Cross vaults, first used by Romans, consist in the perpendicular crossing of two barrel vaults, figure 5.
Figure 5. Cross vault formed by the perpendicular intersection of two barrel vaults.
The basic geometry is that of two cylindrical surfaces intersecting at right angle, figure 6. The profile of the cylindrical surfaces can be round, elliptical, or other ogive.
Figure 6. Perpendicular intersection of two round cylindrical surfaces.
Within the intersection space, the cross vault square area, the vaulting is characterized by four sharp V-shaped corners running along the diagonals of the square. These are vault cusps known architecturally as groins; accordingly, the cross vault is also referred to as the groin vault, figure 7.
Figure 7. Groins, looking up at a cross vault.
The lateral thrusts in a groin cross vault are aligned along the square diagonals and are focused at the four corners of the square. Large pillars are required at the corners as abutments to counter these lateral forces, figure 8.
Figure 8. Groin cross vault with corner piers serving to balance lateral thrusts.
The vault loading forces at the square corners (blue arrows in figure 8) are separated into vertical load forces (black arrows) and lateral thrust forces (red arrows).

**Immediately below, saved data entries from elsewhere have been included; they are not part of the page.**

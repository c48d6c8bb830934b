-- ===== src/Channel/Protocol/Tests.antt =====
-- A gateway with one observer, and a frame of its vehicle for everybody.
use communication_in_critica.Prelude.{
  ℕ, suc, ◌+◌, ◌≡◌, List, [], ◌∷◌, some, true, false, if◌then◌else◌, ltb, arith, refl, pos,
}
use communication_in_critica.Network.Nic.{Nic, frame_bytes}
use communication_in_critica.Network.Nic.Fixtures.{clean, down, count-down, length-zeros, vehicle}
use communication_in_critica.Network.Nic.Pool.{IsPool, count}
use communication_in_critica.Channel.Protocol.{handle, Gateway, Engines, update_shm}
use communication_in_critica.Channel.Protocol.Update.{Settled, update_shm-Settled}
use communication_in_critica.Channel.Address.{logical_broadcast}
use communication_in_critica.Channel.Protocol.RoundTrip.{frame_of, received_as_sent}
use communication_in_critica.Channel.Protocol.Endpoint.{Packet, send_via_nic, receive_packet}

last_held : (i n : ℕ) → count i (down n) + count i (n ∷ []) ≡ (if ltb i (suc n) then 1 else 0)
last_held i n = ground (arith, count-down i n)

-- to everybody, from the vehicle, of the protocol's type, to port 65535
abbrev bytes : List ℕ
bytes =
    255 ∷ 255 ∷ 255 ∷ 255 ∷ 255 ∷ 255 ∷ 2 ∷ 0 ∷ 0 ∷ 0 ∷ 0 ∷ 9 ∷ 136 ∷ 136 ∷ 1 ∷ 0 ∷ 0 ∷ 0 ∷ 0 ∷ 0
    ∷ 0 ∷ 0 ∷ 2 ∷ 1 ∷ 255 ∷ 255 ∷ 255 ∷ 0 ∷ 0 ∷ 0 ∷ []

abbrev nic : Nic
nic = record clean { buffers = λ _. record { frame = []; size = 0 } }

nic-IsPool : IsPool nic []
nic-IsPool i = omega (arith, count-down i 100)

-- Buffer 99 holds the frame.
abbrev busy : Nic
busy = record nic { free_list = down 99; buffers = λ _. record { frame = bytes; size = 16 } }

busy-IsPool : IsPool busy (99 ∷ [])
busy-IsPool i = last_held i 99

abbrev engines : Engines
engines = record { quadrant = 1; socket_bytes = some 30; shm_bytes = some 30 }

abbrev from_vehicle : Gateway
from_vehicle = record {
  shm = busy;
  socket = nic;
  address = vehicle;
  observed = (7, 65535) ∷ [];
  has_sptp = true;
}

abbrev from_network : Gateway
from_network = record from_vehicle { shm = nic; socket = busy }

update_shm-Settled_example :
    IsPool (update_shm from_vehicle engines 99).gateway.socket []
    × Settled 99
        (update_shm from_vehicle engines 99).gateway.shm
        (update_shm from_vehicle engines 99).notified
        []
update_shm-Settled_example = update_shm-Settled from_vehicle engines 99 [] [] busy-IsPool nic-IsPool

-- A packet of three bytes for everybody.
abbrev packet : Packet
packet = record {
  from = record { paddr = vehicle; port = 258 };
  to = logical_broadcast;
  payload = 1 ∷ 2 ∷ 3 ∷ [];
  ts = 0;
  kind = 0;
  now = 77;
}

abbrev idle : Gateway
idle = record from_vehicle { shm = nic }

received_as_sent_example :
    let f = frame_of 14 clean packet 2 99 in
    ((send_via_nic 14 clean packet 2 (some 33)).1 ≡ some f)
    × ((handle clean f (λ _. false)).1 ≡ some 99)
    × ((receive_packet 14 (handle clean f (λ _. false)).0 99 1400).1
        ≡ some (record {
          from = record { paddr = vehicle; port = 258 };
          timestamp = pos 77;
          quadrant = 2;
          payload = 1 ∷ 2 ∷ 3 ∷ [];
        }))
received_as_sent_example =
    received_as_sent 14 clean clean packet 2 (some 33) (λ _. false) 99 99 1400 (down 99) (down 99)
      (omega arith) (omega arith) (omega arith) (omega arith) (omega arith) (omega arith) refl
      (length-zeros frame_bytes) refl refl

The result is that the four sides of the vaulted square area can be open or covered with large windows. Therefore, cross vaults have advantages over barrel vaults, they provide improved illumination of the interior space by natural light. Thus, the long barrel vault for the nave of medieval cathedrals gave way to a series of cross vaults.
One critical issue in the construction of cross vaults is the series of voussoirs along the groin corners, figure 7. The voussoirs along the groins are critical because they are the locus of the lateral thrusts and also serve to tie the webs from the four patitions of the cross vault. These voussoirs are difficult to define. Fitchen notes that the groin voussoirs are stone blocks "no two surface of which are parallel, and four of which are curving," figure 9. (Fitchen 1961, 55-56.)

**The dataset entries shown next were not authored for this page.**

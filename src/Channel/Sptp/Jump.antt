-- ===== src/Channel/Sptp/Jump.antt =====
-- What `SPTP_Protocol::adjust_clock_jump` (src/channel/sptp_protocol.h) sets the clock to.
use communication_in_critica.Prelude.{
  ℕ, ◌+◌, ◌*◌, ◌/◌, ◌%◌, ◌≡◌, ◌<◌, refl, ℤ, pos, ◌+ℤ◌, some, arith,
}
use communication_in_critica.Channel.Sptp.{adjust_clock_jump}

-- If the sum of the clock and the jump is not before 1970, the clock is set to it, whole.
pub adjust_clock_jump-exact :
    (sec nsec total : ℕ) (delta_ns : ℤ)
    → pos (sec * 1000000000 + nsec) +ℤ delta_ns ≡ pos total
    → (s n : ℕ) × (adjust_clock_jump sec nsec delta_ns ≡ some (s, n))
      × (s * 1000000000 + n ≡ total)
      × (n < 1000000000)
unfolding adjust_clock_jump
adjust_clock_jump-exact sec nsec total delta_ns e = (
  total / 1000000000,
  total % 1000000000,
  rw (e, adjust_clock_jump) refl,
  omega arith,
  omega arith,
)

Figure 9. Shape of groin voussoirs - Fitchen (1961, 55).
All faces of a groin voussoir have different orientation and curvature that stone cutters had to imagine and shape by trial and error, a very challenging task that requires extraordinary masonry skills.
Making the job even more difficult is that the voussoirs along the cusped arches, from spring to crown, are all of different shape, because of the changing curvature along the groins. This is because the intersection of two circular barrel vaults produces elliptical groin curves, figure 10.
Figure 10. Elliptical intersection arches from the crossing of round cylindrical surfaces.
Fitchen shows with graphical illustrations the complex curves resulting when crossing vaults of different shapes and sizes. (Fitchen 1961, ch. 4.)
The diagonal intersection curves become circles when the two intersecting barrels are of the appropriate elliptical cross section. There is a dichotomy in the design of cross vaults: circular barrel vaults produce elliptical curves at their intersection, figure 10, while barrel vaults of the appropriate elliptical and equal shape produce circles at their intersection, figure 11, the circle being a special ellipse.
Figure 11. Circular intersection arches from the crossing of elliptical cylindrical surfaces.
Because of these difficulties, Romans staid primarily with the crossing of equal circular barrel vaults to form cross vaults. Similarly, confronted by the challenges in cross vaulting, Romanesque architecture focused primarily on barrel vaults. Fitchen points out that in the early Middle Ages, in coastal areas of Europe, barrel vaulted churches with heavy walls and few windows also provided good defense from plundering incursions. (Fitchen 1961, 42.)